Wo ist das Problem? 
Dürfen dies nur die Holländer machen? Oder hat ein Deutscher (der beim Angeln die gleichen Rechte wie jeder andere hat) nicht das Recht dazu?

Kann man es nicht einfach mal akzeptieren, das es auch Angler gibt, die ab und an mal nen Fisch essen wollen?
Bekanntlich schmeckt dieser selbstgefangene besser, als der gekaufte vom Markt/Laden (möglicherweise ist dies sogar der selbst releaste Fisch)...

Wenn man es nicht übertreibt und sich an entsprechende Regeln hält (und da unterstelle ich niemanden erstmal grundsätzlich etwas falsches), warum wird der "Threadersteller" da an den Pranger gestellt?


----------



## Haesel (16. Juli 2014)

*AW: Angeln an der Berkel Grenzraum NL*

HAPE du bist aber ein toller Hecht..zu heiß gebadet ?......Allein so was mal wieder.....da hat man echt kein Bock mehr hier zu schreiben.....
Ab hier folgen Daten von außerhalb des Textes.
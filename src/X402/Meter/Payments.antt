-- ===== src/X402/Meter/Payments.antt =====
-- What a payment promises (`addSats` of tools/x402-bridge/meter.ts).
use semantos_edge.Base.{
  ℕ, ◌+◌, ◌<◌, ◌≡◌, refl, sym, ap, none, some, List, ◌⊎◌, inl, inr, arith, Result, ok, thrown,
}
use mathlib.Core.Path.{subst}
use semantos_edge.Base.Map.{Str}
use semantos_edge.X402.Meter.{MeterSettings, MeterState, Meter, Air}
use semantos_edge.X402.Meter.Session.{start, add_sats, Added, lit_for, not_broadcast, fresh_state}
use semantos_edge.X402.Meter.Kept.{start-Keeps}
use semantos_edge.X402.Meter.Books.{Pays, threw, not_paid, paid, paid_unsaved, add_sats-Pays}

-- What the room paid by a call.
unfoldable pub paid_by : Result Added → ℕ → ℕ
paid_by (ok (lit_for added left)) sats = sats
paid_by (ok (not_broadcast left)) sats = 0
paid_by thrown sats = 0

-- A meter that was not started has after_commit nothing, and one that was has a commitment.
pub data IsBooked (s : MeterState) : Type 0 where
  unstarted : s.meter_start_at ≡ none → s.seq ≡ 0 → s.share ≡ 0 → IsBooked s
  started : (from : ℕ) → s.meter_start_at ≡ some from → 0 < s.seq → IsBooked s

module _ (sha256 : List ℕ → List ℕ) (sign_cell : List ℕ → List ℕ) (clock : ℕ → ℕ) (air : ℕ → Air)
    (random_id : ℕ → Str) (cfg : MeterSettings) where
  -- The satoshis of a payment are added if it answers that the light is on, and not if it answers that
  -- the commitment was not broadcast; if it throws, they are or not.
  abbrev pub Paid : ℕ → ℕ → Result Added × Meter → Type 0
  Paid n sats x =
      (x.1.state.sats_paid ≡ n + paid_by x.0 sats)
      ⊎ ((x.0 ≡ thrown) × (x.1.state.sats_paid ≡ n + sats))

  Paid-of :
      (n sats : ℕ) (x : Result Added × Meter)
      → Pays sha256 sign_cell clock air random_id cfg (λ s. s.sats_paid ≡ n) sats x
      → Paid n sats x
  unfolding paid_by
  Paid-of n sats x (threw m p) = inl (omega arith)
  Paid-of n sats x (not_paid m left p) = inl (omega arith)
  Paid-of n sats x (paid s m i from seconds left p e) =
      let q = ap (λ t. t.sats_paid) e in inl (omega arith)
  Paid-of n sats x (paid_unsaved s m i from p e) =
      let q = ap (λ t. t.sats_paid) e in inr (refl, omega arith)

  -- A payment adds its satoshis to what the room paid if it answers that the light is on, and nothing
  -- if it answers that the commitment was not broadcast. If it throws, it adds nothing or exactly
  -- them: the state file is written behind the sum.
  pub add_sats-paid :
      (sats : ℕ) (m : Meter)
      → ((add_sats sha256 sign_cell clock air random_id cfg sats m).1.state.sats_paid
          ≡ m.state.sats_paid
            + paid_by (add_sats sha256 sign_cell clock air random_id cfg sats m).0 sats)
        ⊎ (((add_sats sha256 sign_cell clock air random_id cfg sats m).0 ≡ thrown)
            × ((add_sats sha256 sign_cell clock air random_id cfg sats m).1.state.sats_paid
                ≡ m.state.sats_paid + sats))
  add_sats-paid sats m = Paid-of m.state.sats_paid sats _ (
      add_sats-Pays sha256 sign_cell clock air random_id cfg (λ s. s.sats_paid ≡ m.state.sats_paid)
        (λ s id h. h) sats m refl)

  IsBooked-restart :
      (s : MeterState) (id : Str) → IsBooked s → IsBooked (fresh_state id s.sats_paid)
  IsBooked-restart s id h = unstarted refl refl refl

  IsBooked-of :
      (sats : ℕ) (x : Result Added × Meter)
      → Pays sha256 sign_cell clock air random_id cfg IsBooked sats x
      → IsBooked x.1.state
  IsBooked-of sats x (threw m p) = p
  IsBooked-of sats x (not_paid m left p) = p
  IsBooked-of sats x (paid s m i from seconds left p e) =
      subst IsBooked (sym e) (started from refl (omega arith))
  IsBooked-of sats x (paid_unsaved s m i from p e) =
      subst IsBooked (sym e) (started from refl (omega arith))

  -- Starting the meter and paying keep that a meter that is not started has after_commit nothing and that
  -- a started one has a commitment, whether they return or throw.
  pub add_sats-IsBooked :
      (sats : ℕ) (m : Meter)
      → IsBooked m.state
      → IsBooked (start sha256 sign_cell clock air random_id cfg m).1.state
        × IsBooked (add_sats sha256 sign_cell clock air random_id cfg sats m).1.state
  add_sats-IsBooked sats m h = (
    (start-Keeps sha256 sign_cell clock air random_id cfg IsBooked IsBooked-restart).keeps m h,
    IsBooked-of sats _
        (add_sats-Pays sha256 sign_cell clock air random_id cfg IsBooked IsBooked-restart sats m h),
  )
In Holland ist halt der Grundsatz catch & release...99,9% aller Vereinsgewässer darf man den Fisch nicht mitnehmen....und in den Großteil der öffentlichen Gewässern auch....Aber es gibt hier natürlich Ausnahmen von der Regel....das steht aber in der Gewässerliste drin.....
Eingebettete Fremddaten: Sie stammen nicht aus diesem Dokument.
-- ===== src/X402/Meter/Said.antt =====
-- What the commitments of `ChannelMeter` (tools/x402-bridge/meter.ts) say.
use semantos_edge.Base.{
  ℕ, ◌^◌, ◌≤◌, ◌<◌, ◌≡◌, refl, sym, ap, ◌∙◌, List, [], ◌∷◌, ◌++◌, length, length-append, replicate,
  drop, ok, arith,
}
use mathlib.Core.List.{append_assoc}
use semantos_edge.Base.Map.{Str}
use semantos_edge.Base.Bytes.{overwrite, slice, overwrite_next, set_at_fits}
use semantos_edge.Templog.Text.{from_hex}
use semantos_edge.Cell.Words.{le32, le64, read_u32, write_u32, write_u32_lem, write_u64_lem}
use semantos_edge.Cell.Actuator.RoundTrip.{slice-part, read_u32-part}
use semantos_edge.X402.Meter.Frames.{encode_commitment, encode_close, expiry_ms}

overwrite_front :
    (z xs : List ℕ) → length xs ≤ length z → overwrite z 0 xs ≡ xs ++ drop (length xs) z
unfolding overwrite
overwrite_front [] [] h = refl
overwrite_front [] (x ∷ xs) h = absurd (omega arith)
overwrite_front (y ∷ z) [] h = refl
overwrite_front (y ∷ z) (x ∷ xs) h = ap (λ t. x ∷ t) (overwrite_front z xs (omega arith))

-- The payload names the channel, its seq and its share.
pub record Says (p : List ℕ) (channel : List ℕ) (seq share : ℕ) : Type 0 where
  pub channel_id : slice 0 16 p ≡ channel
  pub seq_read : read_u32 p 16 ≡ seq
  pub share_read : read_u32 p 20 ≡ share

Says-front :
    (p id rest : List ℕ) (seq share : ℕ)
    → length id ≡ 16
    → seq < 2 ^ 32
    → share < 2 ^ 32
    → p ≡ ((id ++ le32 seq) ++ le32 share) ++ rest
    → Says p id seq share
Says-front p id rest seq share h s k e =
    let e2 : p ≡ (id ++ le32 seq) ++ (le32 share ++ rest) =
      e ∙ append_assoc (id ++ le32 seq) (le32 share) rest in
    let e1 : p ≡ id ++ (le32 seq ++ (le32 share ++ rest)) =
      e2 ∙ append_assoc id (le32 seq) (le32 share ++ rest) in
    let long = length-append id (le32 seq) in
    record {
      channel_id = slice-part p [] (le32 seq ++ (le32 share ++ rest)) 0 refl id 16 (sym h) e1;
      seq_read = read_u32-part p id (le32 share ++ rest) 16 (sym h) seq s e1;
      share_read = read_u32-part p (id ++ le32 seq) rest 20 (omega arith) share k e2;
    }

-- The first three parts, over `z`.
front-written :
    (z id : List ℕ) (seq share : ℕ)
    → length id ≡ 16
    → write_u32 (write_u32 (overwrite z 0 id) 16 seq) 20 share
      ≡ overwrite z 0 ((id ++ le32 seq) ++ le32 share)
front-written z id seq share h =
    let long = length-append id (le32 seq) in
    let s1 =
      write_u32_lem (overwrite z 0 id) 16 seq ∙ overwrite_next _ z 16 id (le32 seq) refl (sym h) in
    write_u32_lem _ 20 share ∙ overwrite_next _ z 20 (id ++ le32 seq) (le32 share) s1 (omega arith)

module _ (channel_id_hex : Str) (seq share : ℕ) (h : length (from_hex channel_id_hex) ≡ 16)
    (s : seq < 2 ^ 32) (k : share < 2 ^ 32) where
  encode_close-Says :
      (p : List ℕ) × (encode_close channel_id_hex seq share ≡ ok p)
      × Says p (from_hex channel_id_hex) seq share
  unfolding encode_close
  encode_close-Says =
      let id : List ℕ = from_hex channel_id_hex in
      let z : List ℕ = replicate 24 0 in
      let front : List ℕ = (id ++ le32 seq) ++ le32 share in
      let l1 = length-append id (le32 seq) in
      let l2 = length-append (id ++ le32 seq) (le32 share) in
      (
        overwrite z 0 front,
        rw (set_at_fits z 0 id (omega arith)) (ap ok (front-written z id seq share h)),
        Says-front _ id _ seq share h s k (overwrite_front z front (omega arith)),
      )

  encode_commitment-Says :
      (p : List ℕ) × (encode_commitment channel_id_hex seq share ≡ ok p)
      × Says p (from_hex channel_id_hex) seq share
  unfolding encode_commitment
  encode_commitment-Says =
      let id : List ℕ = from_hex channel_id_hex in
      let z : List ℕ = replicate 68 0 in
      let front : List ℕ = (id ++ le32 seq) ++ le32 share in
      let l1 = length-append id (le32 seq) in
      let l2 = length-append (id ++ le32 seq) (le32 share) in
      let l3 = length-append front (le32 0) in
      let l4 = length-append (front ++ le32 0) (le64 expiry_ms) in
      let s3 =
        write_u32_lem _ 24 0
        ∙ overwrite_next _ z 24 front (le32 0) (front-written z id seq share h) (omega arith) in
      let s4 =
        write_u64_lem _ 28 expiry_ms
        ∙ overwrite_next _ z 28 (front ++ le32 0) (le64 expiry_ms) s3 (omega arith) in
      let whole : List ℕ = (front ++ le32 0) ++ le64 expiry_ms in
      let e =
        overwrite_front z whole (omega arith)
        ∙ append_assoc (front ++ le32 0) (le64 expiry_ms) _
        ∙ append_assoc front (le32 0) _ in
      (
        overwrite z 0 whole,
        rw (set_at_fits z 0 id (omega arith)) (ap ok s4),
        Says-front _ id _ seq share h s k e,
      )

  -- For a channel id that decodes to 16 bytes, and a seq and a share below 2 ^ 32, the payloads of the
  -- commitment and of the close are built, and both name the channel, the seq and the share.
  pub encode_commitment-encode_close :
      ((p : List ℕ) × (encode_commitment channel_id_hex seq share ≡ ok p)
        × Says p (from_hex channel_id_hex) seq share)
      × ((p : List ℕ) × (encode_close channel_id_hex seq share ≡ ok p)
          × Says p (from_hex channel_id_hex) seq share)
  encode_commitment-encode_close = (encode_commitment-Says, encode_close-Says)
Es ist ein großer Unterschied wenn du als Deutscher im Ausland einen Fehler machst....wir sind dort GAST und deswegen schaut ma dir auch mehr auf deine Finger!!! Und glaube mir, ich kenne meine holländische Kollegen (Polizei)...die sind nicht zimperlich.....

Und noch eins...der Threadersteller wird nicht an den Pranger gestellt....nur wenn man an einem Gewässer angeln möchte, dann muß man sich vorher doch im klaren sein, welche Regeln dort gelten......ob Holland oder Deutschland...


----------



## HAPE-1909 (16. Juli 2014)

*AW: Angeln an der Berkel Grenzraum NL*

Ganz genau, der Threadersteller weiß es nicht, was erlaubt und verboten ist - daher die berechtigte Frage. 
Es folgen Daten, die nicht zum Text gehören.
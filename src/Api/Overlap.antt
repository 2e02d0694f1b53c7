-- ===== src/Api/Overlap.antt =====
-- The handlers of app/main.py that write, where other transactions commit between what a handler reads
-- and its own commit. The first SELECT of a handler takes no lock: `seen` is the database at that time,
-- and `db` the one at its commit. SQLAlchemy's UPDATE sets the columns whose value is not the loaded
-- one; an UPDATE or a refresh of a row that is gone raises. A commit and its refresh are one step.
pub mod Serial
pub mod Race
use ping_gaurd.Prelude.{
  ℕ, suc, Bool, true, false, Text, Option, none, some, List, [], ◌∷◌, ◌++◌, length, leb, ◌==◌,
  text_eq, if◌then◌else◌,
}
use ping_gaurd.Enums.{MonitorMode}
use ping_gaurd.Models.{
  Monitor, Database, Result, ok, raise, find_monitor, update_monitor_row, delete_monitor_row,
  cascade_results,
}
use ping_gaurd.Models.Columns.{column, mode_eq, flag_eq, option_eq}
use ping_gaurd.Schemas.{MonitorCreate, MonitorUpdate}
use ping_gaurd.Api.{
  MonitorRead, read_monitor, Response, not_found, limit_reached, server_error, new_monitor,
  updated_row,
}

-- The UPDATE of a row that `updated_row` has changed in the session, on the row that is stored.
unfoldable pub write_changed : (loaded row current : Monitor) → Monitor
write_changed loaded row current = record {
  id = current.id;
  name = column text_eq loaded.name row.name current.name;
  url = current.url;
  check_interval_seconds =
      column ◌==◌ loaded.check_interval_seconds row.check_interval_seconds
        current.check_interval_seconds;
  status = current.status;
  last_checked_at = current.last_checked_at;
  next_check_at = current.next_check_at;
  mode = column mode_eq loaded.mode row.mode current.mode;
  keep_alive_enabled =
      column flag_eq loaded.keep_alive_enabled row.keep_alive_enabled current.keep_alive_enabled;
  keep_alive_interval_seconds =
      column (option_eq ◌==◌) loaded.keep_alive_interval_seconds row.keep_alive_interval_seconds
        current.keep_alive_interval_seconds;
  keep_alive_path =
      column (option_eq text_eq) loaded.keep_alive_path row.keep_alive_path current.keep_alive_path;
  next_keep_alive_at =
      column (option_eq ◌==◌) loaded.next_keep_alive_at row.next_keep_alive_at
        current.next_keep_alive_at;
}

unfoldable pub create_over :
    (max_monitors now : ℕ) → MonitorCreate → (seen db : Database) → Response MonitorRead
create_over max_monitors now payload seen db =
    let created = new_monitor db.next_monitor_id now payload in
    if leb max_monitors (length seen.monitors) then (raise limit_reached, db) else (
      ok (read_monitor created),
      record {
        monitors = db.monitors ++ created ∷ [];
        results = db.results;
        next_monitor_id = suc db.next_monitor_id;
        next_result_id = db.next_result_id;
      },
    )

unfoldable pub update_over :
    (now id : ℕ) → MonitorUpdate → (seen db : Database) → Response MonitorRead
update_over now id payload seen db = elim (find_monitor id seen.monitors) [
  | none ↦ (raise not_found, db)
  | some loaded ↦ elim (updated_row now loaded payload) [
    | raise e ↦ (raise e, db)
    | ok row ↦ elim (find_monitor id db.monitors) [
      | none ↦ (raise server_error, db)
      | some current ↦ (
        ok (read_monitor (write_changed loaded row current)),
        record {
          monitors = update_monitor_row id (write_changed loaded row) db.monitors;
          results = db.results;
          next_monitor_id = db.next_monitor_id;
          next_result_id = db.next_result_id;
        },
      )
    ]
  ]
]

-- A DELETE that matches no row is only a warning.
unfoldable pub delete_over : (id : ℕ) → (seen db : Database) → Response (Unit {0})
delete_over id seen db = elim (find_monitor id seen.monitors) [
  | none ↦ (raise not_found, db)
  | some m ↦ (
    ok tt,
    record {
      monitors = delete_monitor_row id db.monitors;
      results = cascade_results id db.results;
      next_monitor_id = db.next_monitor_id;
      next_result_id = db.next_result_id;
    },
  )
]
Und da ist es nun mal so, das er auch Fisch entnehmen darf.
Ob es gegen "die gute Sitte" ist oder nicht, ist doch völlig egal. 
In "meinen" öffentlichen Gewässern ist es nunmal erlaubt und damit ist es völlig ok. 

Selbstverständlich muss man sich an einem fremden Gewässer informieren, dies ist aber auch hier in D so. 

Bin damals schon zu genüge nach google-Suche irgendwo hingefahren und dürfte dann nicht angeln, da Vereinsabschnitt. 
Visplanner.nl kannte ich da noch nicht. 

Polizeikontrollen? 
Meiner Meinung viel zu lasch - wegen meiner sollen die auch mal in die Autos gucken, was da so alles liegt etc. 
und über Fangmengen etc. geht. 
Wenn da mal richtig hart kontrolliert wird (gleiche mit Müll etc.)würde ich es stark begrüßen! 
Und so lang man sich an die Regeln hält, sind die Grünendort auch ganz nett. 
Aber das ist wieder ne andere Baustelle! 

Dem Threadersteller geht es um die rechtlichen Erlaubnisse - und da ist es nunmal Fakt, das er an vielen öffentlichen Gewässern entnehmen darf. 
Gerade im Bereich Enschede (Midden- oder Post Federatie). 

Das es zum guten Ton in NL gehört, zu releasen ist klar.
Würde ich mir in Deutschland auch wünschen, ohne gegen ein Gesetz zu verstoßen und die tolle Peta (nicht alles ist schlecht) im Nacken zu haben. 

Wenn es sich um küchentaugliche Größen handelt, sagt niemand was. 
Den 90er Zander oder 120er Hecht muss dann auch nicht sein - das ist klar, das man dumm angeguckt wird. 
Aber bei nem 60er Küchenzander sagt niemand was - ausser es ist schon der x-te an diesem Tag...


----------



## Snoeky (16. Juli 2014)

*AW: Angeln an der Berkel Grenzraum NL*

Moin,

C&R ist nicht in ganz Holland Gesetzt!
Auch ich übe zu 90% C&R aus aber von Pflicht ist wird nur bei einigen Gewässern gesprochen!

Dies sollte man sich passend raussuchen!
Mit deinen Schein kannste in der Berkel fischen und auch massige Fische mitnehmen ohne irgendwelche bedenken zu haben.

Wünsche dir viel Spaß und erfolg!

ps: Lass dir von diesen ganzen C&R mist nicht den Spaß vermiesen!!!


----------